------ PROVIDED RECORDS ------
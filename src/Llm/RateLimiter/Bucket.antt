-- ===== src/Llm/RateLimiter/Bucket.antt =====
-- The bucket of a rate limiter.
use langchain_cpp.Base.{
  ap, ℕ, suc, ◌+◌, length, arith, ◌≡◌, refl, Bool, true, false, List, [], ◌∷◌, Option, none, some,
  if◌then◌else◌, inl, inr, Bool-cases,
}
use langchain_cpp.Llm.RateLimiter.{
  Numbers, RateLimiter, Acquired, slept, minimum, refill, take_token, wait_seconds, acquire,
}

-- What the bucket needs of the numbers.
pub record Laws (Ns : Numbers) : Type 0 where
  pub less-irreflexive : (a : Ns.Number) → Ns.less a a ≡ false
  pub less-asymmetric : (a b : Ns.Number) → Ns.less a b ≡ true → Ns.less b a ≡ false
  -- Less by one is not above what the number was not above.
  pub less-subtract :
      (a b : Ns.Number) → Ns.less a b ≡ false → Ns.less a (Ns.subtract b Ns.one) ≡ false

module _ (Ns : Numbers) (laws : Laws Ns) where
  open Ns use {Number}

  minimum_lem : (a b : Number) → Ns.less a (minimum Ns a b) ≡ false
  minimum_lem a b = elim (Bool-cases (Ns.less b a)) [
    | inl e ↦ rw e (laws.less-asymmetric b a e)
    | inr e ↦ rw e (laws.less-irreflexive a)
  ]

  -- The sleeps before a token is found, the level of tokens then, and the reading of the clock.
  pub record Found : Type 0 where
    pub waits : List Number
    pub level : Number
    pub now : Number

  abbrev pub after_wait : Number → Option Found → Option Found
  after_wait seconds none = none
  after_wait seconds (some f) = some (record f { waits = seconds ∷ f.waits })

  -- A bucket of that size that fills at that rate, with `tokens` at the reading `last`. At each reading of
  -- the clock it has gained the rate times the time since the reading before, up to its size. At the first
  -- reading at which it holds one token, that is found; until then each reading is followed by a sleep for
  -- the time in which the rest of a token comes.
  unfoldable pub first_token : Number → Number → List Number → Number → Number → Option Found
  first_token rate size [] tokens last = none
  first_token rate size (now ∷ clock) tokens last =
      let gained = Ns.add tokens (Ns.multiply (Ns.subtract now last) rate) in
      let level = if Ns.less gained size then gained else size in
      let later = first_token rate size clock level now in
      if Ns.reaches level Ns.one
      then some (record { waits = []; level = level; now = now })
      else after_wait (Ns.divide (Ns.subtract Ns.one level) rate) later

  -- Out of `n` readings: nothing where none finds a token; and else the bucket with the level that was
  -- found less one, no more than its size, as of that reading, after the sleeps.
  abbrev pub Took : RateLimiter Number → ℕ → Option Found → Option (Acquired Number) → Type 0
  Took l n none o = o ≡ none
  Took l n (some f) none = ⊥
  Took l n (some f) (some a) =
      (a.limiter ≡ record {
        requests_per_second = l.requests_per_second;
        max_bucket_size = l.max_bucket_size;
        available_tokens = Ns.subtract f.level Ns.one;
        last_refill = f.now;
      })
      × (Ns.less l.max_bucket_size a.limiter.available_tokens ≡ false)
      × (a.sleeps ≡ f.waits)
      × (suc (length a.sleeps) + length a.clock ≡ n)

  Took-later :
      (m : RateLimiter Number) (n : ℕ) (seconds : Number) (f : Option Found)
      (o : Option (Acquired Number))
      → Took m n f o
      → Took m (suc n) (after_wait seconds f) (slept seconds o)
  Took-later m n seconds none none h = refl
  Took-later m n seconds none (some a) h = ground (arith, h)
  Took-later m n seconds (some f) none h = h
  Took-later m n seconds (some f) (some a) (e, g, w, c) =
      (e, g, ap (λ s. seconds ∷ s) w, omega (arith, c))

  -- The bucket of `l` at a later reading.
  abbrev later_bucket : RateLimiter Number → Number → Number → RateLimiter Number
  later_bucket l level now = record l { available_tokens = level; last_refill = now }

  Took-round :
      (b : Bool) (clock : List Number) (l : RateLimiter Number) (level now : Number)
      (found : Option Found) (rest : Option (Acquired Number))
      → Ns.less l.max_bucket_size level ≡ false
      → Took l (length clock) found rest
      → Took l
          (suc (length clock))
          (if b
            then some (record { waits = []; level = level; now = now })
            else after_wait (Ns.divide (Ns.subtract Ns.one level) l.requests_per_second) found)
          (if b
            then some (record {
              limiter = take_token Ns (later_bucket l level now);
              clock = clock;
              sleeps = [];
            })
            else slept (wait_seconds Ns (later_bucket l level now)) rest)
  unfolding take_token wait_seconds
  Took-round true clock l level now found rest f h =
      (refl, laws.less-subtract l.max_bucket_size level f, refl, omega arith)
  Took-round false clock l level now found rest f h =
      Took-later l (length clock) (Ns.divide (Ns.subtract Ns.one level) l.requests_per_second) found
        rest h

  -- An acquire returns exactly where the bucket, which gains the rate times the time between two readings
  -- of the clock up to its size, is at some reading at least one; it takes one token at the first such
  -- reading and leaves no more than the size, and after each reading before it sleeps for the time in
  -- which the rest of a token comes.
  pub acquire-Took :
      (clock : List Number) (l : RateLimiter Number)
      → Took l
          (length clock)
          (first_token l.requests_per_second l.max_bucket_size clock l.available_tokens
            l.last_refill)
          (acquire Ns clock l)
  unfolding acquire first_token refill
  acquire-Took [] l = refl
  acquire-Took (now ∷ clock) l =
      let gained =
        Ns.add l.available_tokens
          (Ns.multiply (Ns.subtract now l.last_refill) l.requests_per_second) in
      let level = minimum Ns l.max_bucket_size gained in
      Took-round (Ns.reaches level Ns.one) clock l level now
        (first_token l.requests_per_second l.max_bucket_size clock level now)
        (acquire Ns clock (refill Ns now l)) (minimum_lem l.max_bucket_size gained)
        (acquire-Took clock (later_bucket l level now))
------
------ PROVIDED RECORDS ------
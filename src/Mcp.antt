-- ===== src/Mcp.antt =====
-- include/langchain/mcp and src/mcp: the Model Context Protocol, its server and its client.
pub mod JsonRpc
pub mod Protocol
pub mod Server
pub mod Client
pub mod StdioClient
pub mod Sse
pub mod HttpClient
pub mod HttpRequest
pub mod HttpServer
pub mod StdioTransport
------
[YOUR INSTRUCTIONS] The reply is a bare number, the count of lines in these entries that hold the word "sleeps".

[RESULT OF THIS TASK] 6